Insertion and removal operations are cumbersome. Starting from the root node, the key value is larger to the left, and the key value is smaller to the right until the end is the insertion point. insert image description here
As shown in the figure, there are two cases for deleting node A. If A has only one child node, connect the child node of A to the parent node of A, and delete A. If A has two children, replace A with the smallest node in the right subtree. (The minimum point of the right subtree is to find the left node from the right node).insert image description here
insert image description here

1.3 Balanced Binary Search Tree

Because the input value is not random enough and other reasons, after some insertion and deletion operations, the binary search tree may be out of balance, resulting in reduced search efficiency, as shown in the figure. , insert image description here
"Balance" roughly means: no node is too deep, different balance conditions create different efficiency performance and different implementation complexity. There are several special structures such as AVL-tree, RB-tree, AA-tree that can implement balanced binary search tree, they are more complex than general binary search tree, therefore, the average time of insertion and deletion is longer, but they can be By avoiding high imbalances, search time is typically reduced by 25%.

1.4 AVL-tree

AVL-tree is a binary search tree with additional balancing conditions. The balancing conditions are established to ensure that the depth of the tree is O(logn). Intuitively, the optimal balance condition is that the left and right subtrees of each node have the same height, but this is too harsh, so AVL-tree requires that the height difference between the left and right subtrees of any node is at most 1.
As shown in the AVL-tree, after inserting node 11, the gray node violates the balance condition of the ATL tree, so adjust the deepest node to rebalance the tree.
insert image description here
Adjust the "insertion point to the root node" path, the deepest one of the nodes after the balance state is destroyed, so that the entire tree can be rebalanced. Assuming that the deepest node is X, since the node has at most two child nodes, the balance is destroyed, which means that the height difference between the left and right subtrees is 2, so there are four cases:
1. The insertion point is located in the left subtree of the left child node of X— - Left and right.
2. The insertion point is located in the right subtree of the left child of X - left and right.
3. The insertion point is in the left subtree of the right child of X - right left.
4. The insertion point is located in the right subtree of the right child node of X - right right.
1 and 4 are symmetrical to each other, and 2 and 3 are symmetrical to each other.
1, 4 are called lateral insertions and are resolved by a single rotation. 2, 3 are called medial insertions and are resolved by double rotation.
insert image description here

1.4.1 Single rotation

As shown in the figure, we want A to increase by 10% and C to decrease by 10%. Lift K1 up, make K2 slide down naturally, and hang the B subtree to the left of K2. The rules of the binary search tree show that k2>k1, so k2 must become the right child node of the new tree k1, and all the B subtrees The key value of the node must be between k1 and k2, so the new tree B must fall to the left of K2.
insert image description here

1.4.2 Double rotation

The left side of the picture shows the unbalanced state caused by the inner insertion, which cannot be solved by a single rotation. First, we cannot use k3 as the root node. In fact, we cannot make a single rotation of k3 and k1, because the rotation is still unbalanced. The only possibility is that k2 is the new root node, which makes k1 must be called the left child of k2 and k3 must be called the right child of k2. The new tree shape satisfies the equilibrium condition of the AVL-tree, and, like the single rotation case, it restores the height before the node was inserted.
insert image description here

1.5、RB-tree

The red-black tree needs to meet the following rules:
1. Each node is either red or black
. 2. The root node is black
. 3. The node is red.
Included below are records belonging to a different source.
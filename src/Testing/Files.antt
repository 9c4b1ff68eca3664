-- ===== src/Testing/Files.antt =====
-- pkg/testing/util/file.go: an object read from a file.
use old_broker_repo.Prelude.{Text, ◌++◌, Option, some, Error, ◌⊎◌, inl, inr}

-- The object after the call, with what is returned. `read_file` is ioutil.ReadFile, `unmarshal` is
-- json.Unmarshal into the object, and `separator` is os.PathSeparator as a text.
unfoldable pub read_and_unmarshal :
    {W A : Type 0}
    → (Text → W → (Error ⊎ Text) × W)
    → (Text → A → Option Error × A)
    → Text
    → A
    → Text
    → Text
    → W
    → (Option Error × A) × W
read_and_unmarshal read_file unmarshal separator object dir file_name w =
    let (bytes, w') = read_file (dir ++ separator ++ file_name) w in
    elim bytes [ inl e ↦ ((some e, object), w') | inr text ↦ (unmarshal text object, w') ]
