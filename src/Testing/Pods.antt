-- ===== src/Testing/Pods.antt =====
-- pkg/testing/util/kubernetes.go: the pods of a cluster, and the wait until they run.
pub mod Budget
pub mod Live
pub mod Apps
use old_broker_repo.Prelude.{
  ℕ, zero, suc, ◌+◌, Text, codes, List, [], ◌∷◌, ◌++◌, map, Bool, true, false, Option, none, some,
  Error, errorf, ◌⊎◌, inl, inr, ◌==◌, if◌then◌else◌, ltb, ◌||◌, Act, Result, ok, err, ◌&&◌,
}
use old_broker_repo.Prelude.Calls.{call}
use old_broker_repo.Prelude.Dict.{Dict, lookup, insert}

abbrev pub pod_check_budget : ℕ
pod_check_budget = 90

-- What is read of `v1.Pod`; `app` is the label of this name, and `containers` says of each container
-- whether it is ready.
pub record Pod : Type 0 where
  pub name : Text
  pub phase : Text
  pub containers : List Bool
  pub app : Option Text

-- The calls: the pods of a namespace, a namespace's creation by a prefix, its deletion, the sleep of a
-- second, and the log of a pod's container, by namespace, pod and container.
pub record Cluster (W : Type 0) : Type 0 where
  pub pods : Text → W → (Error ⊎ List Pod) × W
  pub create_namespace : Text → W → (Error ⊎ Text) × W
  pub delete_namespace : Text → W → Option Error × W
  pub sleep : W → W
  pub logs : Text → Text → Text → W → (Error ⊎ Text) × W

-- The loop over the containers of a pod.
unfoldable containers_ready : List Bool → Bool
containers_ready [] = true
containers_ready (ready ∷ containers) = if ready then containers_ready containers else false

-- The loop over the pods, which breaks at the first that is not ready.
unfoldable pub pods_ready : List Pod → Bool
unfolding containers_ready
pods_ready [] = true
pods_ready (pod ∷ items) =
    if pod.phase == codes "Running"
    then (if containers_ready pod.containers then pods_ready items else false)
    else false

-- `pods[app]`, with nil for a missing key.
abbrev pub names_at : Option (List Text) → List Text
names_at none = []
names_at (some names) = names

-- `if app, exists := pod.Labels["app"]; exists { pods[app] = append(pods[app], pod.Name) }`
unfoldable pub add_pods : List Pod → Dict (List Text) → Dict (List Text)
add_pods [] pods = pods
add_pods (pod ∷ items) pods = add_pods items (elim pod.app [
  | none ↦ pods
  | some app ↦ insert app (names_at (lookup app pods) ++ pod.name ∷ []) pods
])

module _ {W : Type 0} (cl : Cluster W) where
  -- The rounds of one namespace, from round `n` on: the pods, or the error that is returned. The loop
  -- has no bound of its own, so it runs on fuel, and `none` says that the fuel is used up.
  unfoldable pub await_pods : ℕ → Text → ℕ → W → Option (Error ⊎ List Pod) × W
  unfolding pods_ready
  await_pods zero ns n w = (none, w)
  await_pods (suc fuel) ns n w =
      let (listed, w') = cl.pods ns w in
      elim listed [
        | inl e ↦ (some (inl e), w')
        | inr items ↦
            let rest = await_pods fuel ns (n + 1) (cl.sleep w') in
            if pods_ready items
            then (some (inr items), w')
            else if ltb pod_check_budget n
            then (some (inl (errorf (codes "exceeded budget for checking pod status") [])), w')
            else rest
      ]

  -- Enough for every wait: rounds 0 to 91.
  abbrev pub fuel : ℕ
  fuel = 92

  unfoldable pub get_app_pods_from :
      List Text → Dict (List Text) → W → Option (Dict (List Text) × Option Error) × W
  unfolding await_pods add_pods
  get_app_pods_from [] pods w = (some (pods, none), w)
  get_app_pods_from (ns ∷ nslist) pods w =
      let (awaited, w') = await_pods fuel ns 0 w in
      elim awaited [
        | none ↦ (none, w')
        | some (inl e) ↦ (some (pods, some e), w')
        | some (inr items) ↦ get_app_pods_from nslist (add_pods items pods) w'
      ]

  unfoldable pub get_app_pods : List Text → W → Option (Dict (List Text) × Option Error) × W
  unfolding get_app_pods_from
  get_app_pods nslist w = get_app_pods_from nslist [] w

  unfoldable pub get_pods : Text → W → List Text × W
  get_pods ns w =
      let (listed, w') = cl.pods ns w in
      elim listed [ inl e ↦ ([], w') | inr items ↦ (map (λ pod. pod.name) items, w') ]

  unfoldable pub create_namespace : Act W Text
  create_namespace = call (cl.create_namespace (codes "istio-test-"))

  unfoldable pub delete_namespace : Text → W → W
  delete_namespace ns w =
      if ns == [] || ns == codes "default" then w else (cl.delete_namespace ns w).1

  unfoldable pub fetch_logs : Text → Text → Text → W → Text × W
  fetch_logs name namespace container w =
      let (raw, w') = cl.logs namespace name container w in
      elim raw [ inl e ↦ ([], w') | inr text ↦ (text, w') ]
The child nodes must be black
. 4. Any path from any node to NULL must contain black nodes. sameinsert image description here

1.6、hashtable

Binary search trees have log-averaged time performance, but such performance is built on the assumption that the input data is sufficiently random. Hashtable also has "constant average time" performance in operations such as insertion, deletion, and search. This performance is based on statistics and does not depend on the randomness of input elements.
Hashtable can access and delete any named item. Since the operation object is a named item, hash_table is regarded as a classical structure (dictionary), which is intended to provide basic operations of "constant average time", similar to Like stack and queue.
Array search can achieve a search with a time complexity of 0 (1), but there are two problems:
(1) When the range of elements is large, the range of the array is large, and the memory is huge
(2) What if the non-numeric type of string cannot be used as an index
? Avoid using huge arrays: use some kind of mapping function that maps large numbers to decimals, so that mapping an element to an "acceptable size index" is called a hash function (hash function), such as x is any integer, TableSize is the array size, then X%TableSize will get an integer in the range of 0~TableSize-1.
Using the hash function will bring a problem: there may be different elements mapped to the same position, because the number of elements is greater than the capacity of the array, this is the collision problem, and the methods to solve the collision problem include linear detection, secondary detection, open chain, etc.
Linear Probing: Load FactorIt refers to the number of elements divided by the size of the table, and the load factor is always between 0-1, unless an open chain is used. When the hash function calculates the insertion position of an element, and the space at this position is no longer available, the easiest way is to search for the next one in sequence until the available space is found. As long as the table is large enough, one can always be found. Space, search is the same. However, the deletion of elements must be lazy deletion. Only marking the deletion number is not enough for the actual operation. The actual operation waits for the table to be reorganized, because each element in the hash table not only expresses itself, but also affects the arrangement of other elements.
Linear detection worst-case patrols the entire table, average case patrols half the table, and is far from constant time. In fact, unless the new element falls on #4-#7, the position #4-#7 can never be used, and any of the new elements 8, 9, 0, 1, 2, 3 will fall on 3, 3 , 5, 6, and 7 will fall into their respective positions, and the growth rate of the average insertion cost is much higher than the growth of the load factor, which is called
the main group
.
The secondary detection mainly solves the main group problem. Named because the equation F(i) = i^2 that solves the collision problem is a quadratic equation, and if the hashfuction calculates the position of H, we try the trivial H+i in order instead of linear detection.
Using this method, when the table size is a prime number and the load factor is always kept below 0.5, it can be determined that the number of probes required for each insertion of a new element is no more than 2.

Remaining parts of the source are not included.